The Department of Market Regulation of the Financial Industry Regulatory Authority (FINRA) received a Letter of Acceptance, Waiver and Consent (AWC) from LPL Financial LLC (LPL Financial) for allegedly failing to execute several trade orders fully and promptly, reporting improper data and failing to properly supervise.
The Department of Market Regulation conducted two reviews of LPL Financial in 2012 to examine its trading and reporting methods. During its Trading and Market Making Surveillance (TMMS) review, FINRA found that in four instances, LPL Financial failed to execute orders fully and promptly. During the review, FINRA also found that LPL Financial transmitted to OATS eights reports that contained inaccurate, incomplete, or improperly formatted data. Additionally, the TMMS review found that LPL Financial failed to transmit two Reportable Order Events to OATS and failed to show the correct order receipt time on the memorandum of ten brokerage firms.
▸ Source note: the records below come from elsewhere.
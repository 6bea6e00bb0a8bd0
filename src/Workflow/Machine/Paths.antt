-- ===== src/Workflow/Machine/Paths.antt =====
-- The transition table of agent/runtime/modification_workflow.py around two gates: the confirmed
-- red run and the final verification that passed.
use bridle.Prelude.{Bool, arith, Option, true, false, ◌≡◌, ◌⊎◌, some}
use bridle.Workflow.Machine.{ModificationState, allowed, ModificationEvent, target, is_allowed}

-- The states that only a confirmed red run leads to.
abbrev pub is_past_red : ModificationState → Bool
is_past_red ModificationState.red_confirmed = true
is_past_red ModificationState.implementing = true
is_past_red ModificationState.submitted = true
is_past_red ModificationState.final_verifying = true
is_past_red ModificationState.ready_to_publish = true
is_past_red ModificationState.published = true
is_past_red _ = false

-- The states that only a passed final verification leads to.
abbrev pub is_past_final : ModificationState → Bool
is_past_final ModificationState.ready_to_publish = true
is_past_final ModificationState.published = true
is_past_final _ = false

-- The only way into the states of `past` from outside is `gate`.
abbrev pub IsGateOf : ModificationEvent → (ModificationState → Bool) → Type 0
IsGateOf gate past =
    (event : ModificationEvent) (from : Option ModificationState)
    → is_allowed event from ≡ true
    → past (target event) ≡ true
    → (event ≡ gate) ⊎ ((f : ModificationState) × (from ≡ some f) × (past f ≡ true))

pub red_gate : IsGateOf ModificationEvent.red_confirmed is_past_red
unfolding allowed target
red_gate ModificationEvent.start from h past = ground arith
red_gate _ from h past = ground arith

pub final_gate : IsGateOf ModificationEvent.final_verification_passed is_past_final
unfolding allowed target
final_gate ModificationEvent.start from h past = ground arith
final_gate _ from h past = ground arith
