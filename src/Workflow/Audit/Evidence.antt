-- ===== src/Workflow/Audit/Evidence.antt =====
-- The evidence behind a state: the audit trail of features/project_map/store.py read backwards
-- from the newest event of a node.
use mathlib.Core.Option
use bridle.Workflow.Audit.{
  IsTrail, last_event, state_after, Continues, IsAudited, row_summary, event_summary,
}
use bridle.Workflow.Machine.Paths.{IsGateOf, is_past_final, final_gate, is_past_red, red_gate}
use bridle.Workflow.Store.{EventRow, Store, Workflow, get_modification_workflow}
use mathlib.Core.Path.{subst, subst₂}
use mathlib.Core.Bool.{true≢false}
use mathlib.Core.Option.{some-injective}
use mathlib.Core.Logic.{if_pos, if_neg}
use bridle.Prelude.{
  refl, List, [], ◌∷◌, none, some, true, false, Option, inl, inr, String, Bool, List, Option, ◌≡◌,
  none, false, ◌∷◌, select_one, some, if◌then◌else◌, ◌==◌, true, arith, string_eq, ◌≢◌, sym, ◌∙◌,
  ap,
}
use bridle.Workflow.Machine.{
  ModificationEvent, ModificationState, is_allowed, event_eq, state_eq, allowed,
}

-- The trail before the newest `gate` event of the node; `none` if the node's tests were authored
-- after it, or there is none.
unfoldable pub back_to : ModificationEvent → String → List EventRow → Option (List EventRow)
back_to gate node_id [] = none
back_to gate node_id (e ∷ es) =
    let rest = back_to gate node_id es in
    if e.node_id == node_id
    then (if e.event == gate
        then some es
        else if e.to_state == ModificationState.test_authoring
        then none
        else rest)
    else rest

module _ (gate : ModificationEvent) (past : ModificationState → Bool) (is_gate : IsGateOf gate past)
    (authoring : past ModificationState.test_authoring ≡ false) (node_id : String) where
  -- A node in a state of `past` went through the gate since its tests were last authored.
  pub record Passed (es : List EventRow) : Type 0 where
    pub before : List EventRow
    pub found : back_to gate node_id es ≡ some before
    pub trail : IsTrail before
    pub permitted : is_allowed gate (state_after (last_event node_id before)) ≡ true

  gate_step :
      (x : EventRow) (es : List EventRow)
      → x.node_id ≡ node_id
      → x.event ≡ gate
      → IsTrail (x ∷ es)
      → Passed (x ∷ es)
  unfolding back_to
  gate_step x es own is t = record {
    before = es;
    found =
        rw (if_pos (string_eq.dec x.node_id node_id) own)
          (rw (if_pos (event_eq.dec x.event gate) is));
    trail = t.1;
    permitted =
        subst₂ (λ g n. is_allowed g (state_after (last_event n es)) ≡ true) is own
          (rw t.0.from at t.0.permitted);
  }

  not_authoring : (s : ModificationState) → past s ≡ true → s ≢ ModificationState.test_authoring
  not_authoring s p q = absurd (true≢false (sym p ∙ ap past q ∙ authoring))

  -- An event of another node, or one that neither is the gate nor leaves `past`, is passed over.
  older_step :
      (x : EventRow) (es : List EventRow)
      → (x.node_id ≡ node_id → (x.event ≢ gate) × (past x.to_state ≡ true))
      → Passed es
      → Passed (x ∷ es)
  unfolding back_to
  older_step x es skip p = record {
    before = p.before;
    found = elim (string_eq.dec x.node_id node_id) [
      | no other ↦ rw (if_neg (string_eq.dec x.node_id node_id) other) p.found
      | yes own ↦ rw (if_pos (string_eq.dec x.node_id node_id) own) (
          rw (if_neg (event_eq.dec x.event gate) (skip own).0) (
            rw (if_neg (state_eq.dec x.to_state _) (not_authoring x.to_state (skip own).1))
              p.found))
    ];
    trail = p.trail;
    permitted = p.permitted;
  }

  newest_own :
      (x : EventRow) (es : List EventRow) (state : ModificationState)
      → x.node_id ≡ node_id
      → state_after (last_event node_id (x ∷ es)) ≡ some state
      → past state ≡ true
      → past x.to_state ≡ true
  unfolding select_one
  newest_own x es state own last h =
      rw
        (some-injective x.to_state state
          (rw (if_pos (string_eq.dec x.node_id node_id) own) at last))
        h

  newest_other :
      (x : EventRow) (es : List EventRow) (state : ModificationState)
      → ¬ (x.node_id ≡ node_id)
      → state_after (last_event node_id (x ∷ es)) ≡ some state
      → state_after (last_event node_id es) ≡ some state
  unfolding select_one
  newest_other x es state other last = rw (if_neg (string_eq.dec x.node_id node_id) other) at last

  -- The newest event of the node is the gate, or the state before it is in `past` too.
  own_step :
      (x : EventRow) (es : List EventRow)
      → ((f : ModificationState)
          → state_after (last_event node_id es) ≡ some f
          → past f ≡ true
          → Passed es)
      → Continues x es
      → IsTrail es
      → x.node_id ≡ node_id
      → past x.to_state ≡ true
      → Dec (x.event ≡ gate)
      → Passed (x ∷ es)
  own_step x es older c t own h (yes is) = gate_step x es own is (c, t)
  own_step x es older c t own h (no not) =
      elim (is_gate x.event x.from_state c.permitted (rw (← c.arrived) h)) [
        | inl is ↦ absurd (not is)
        | inr (f, from, pf) ↦
            older_step x es (λ _. (not, h))
              (older f (subst (λ n. state_after (last_event n es) ≡ some f) own (sym c.from ∙ from))
                pf)
      ]

  past-Passed :
      (es : List EventRow) (state : ModificationState)
      → IsTrail es
      → state_after (last_event node_id es) ≡ some state
      → past state ≡ true
      → Passed es
  unfolding select_one
  past-Passed [] state t last h = absurd (ground arith)
  past-Passed (x ∷ es) state t last h = elim (string_eq.dec x.node_id node_id) [
    | no other ↦
        older_step x es (λ own. absurd (other own))
          (past-Passed es state t.1 (newest_other x es state other last) h)
    | yes own ↦
        own_step x es (λ f. past-Passed es f t.1) t.0 t.1 own (newest_own x es state own last h)
          (event_eq.dec x.event gate)
  ]

allowed_final :
    (o : Option ModificationState)
    → is_allowed ModificationEvent.final_verification_passed o ≡ true
    → o ≡ some ModificationState.final_verifying
unfolding allowed
allowed_final o h = ground arith

row_state :
    (w : Option Workflow) (e : Option EventRow) (r : Workflow)
    → Option.map row_summary w ≡ Option.map event_summary e
    → w ≡ some r
    → state_after e ≡ some r.state
row_state none e r h q = absurd (ground arith)
row_state (some w) none r h q = absurd (ground arith)
row_state (some w) (some e) r h q = ground arith

-- Since the node's tests were last authored a final verification passed, and before that, with no
-- authoring of the tests in between, a red run was confirmed.
abbrev pub HasEvidence : String → List EventRow → Type 0
HasEvidence node_id es =
    (before_final : List EventRow) × (back_to ModificationEvent.final_verification_passed node_id es
      ≡ some before_final)
    × (before_red : List EventRow) × (back_to ModificationEvent.red_confirmed node_id before_final
        ≡ some before_red)

-- A node that is ready to publish, or published, has in its trail, since its tests were last
-- authored, a final verification that passed, and before that, with no authoring of the tests in
-- between, a confirmed red run.
pub ready-back_to :
    (s : Store) (node_id : String) (w : Workflow)
    → IsAudited s
    → get_modification_workflow node_id s ≡ some w
    → is_past_final w.state ≡ true
    → HasEvidence node_id s.events
ready-back_to s node_id w a row past =
    let final =
      past-Passed ModificationEvent.final_verification_passed is_past_final final_gate refl node_id
        s.events w.state a.trail
        (row_state (get_modification_workflow node_id s) (last_event node_id s.events) w
          (a.agrees node_id) row)
        past in
    let red =
      past-Passed ModificationEvent.red_confirmed is_past_red red_gate refl node_id final.before
        ModificationState.final_verifying final.trail (allowed_final _ final.permitted) refl in
    (final.before, final.found, red.before, red.found)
The Trade Reporting and Compliance Engine (TRACE) Team of the Department of Market Regulation conducted its second review in June 2012 and found that LPL Financial failed to report 177 S1 transactions in Agency Debt securities within 15 minutes of the time of execution. FINRA alleged that LPL Financial should have reported the transactions and violated FINRA Rule 2010.
LPL Financial had two prior relevant disciplinary suits against them in 2011 with similar allegations. In January 2011 LPL Financial was fined $20,000 for alleged trade execution violations and in July 2011, LPL Financial was fined $22,500 for a pattern or practice of late reporting.
FINRA alleged that LPL Financial violated FINRA Rules 5310, 2010, 7450, and 4511 for all the findings. Without admitting or denying the findings, LPL Financial agreed to the sanctions and was censured and fined $30,000.
Stockbrokers have been known to engage in many types of practices which violate industry and firm rules, practices, and procedures. In order to protect customers from stockbroker misconduct, FINRA rules require broker-dealers like LPL Financial to not only establish and implement a reasonable supervisory system but enforce their rules, policies and procedures. The implementation of the rules require supervisors to monitor employees to ensure they comply with federal and state securities laws, securities industry rules and regulations, and the firms, such as LPL Financial own policies and procedures. If broker dealers and/or their supervisors do not establish, implement and enforce these protective measures, they may be liable to investors for damages which flow from the misconduct. As a result, investors who have suffered losses because of their stockbroker’s unlawful or prohibited conduct can file a claim to recover damages against broker dealers like LPL Financial, which should consistently oversee its employees in order to prevent stockbroker misconduct.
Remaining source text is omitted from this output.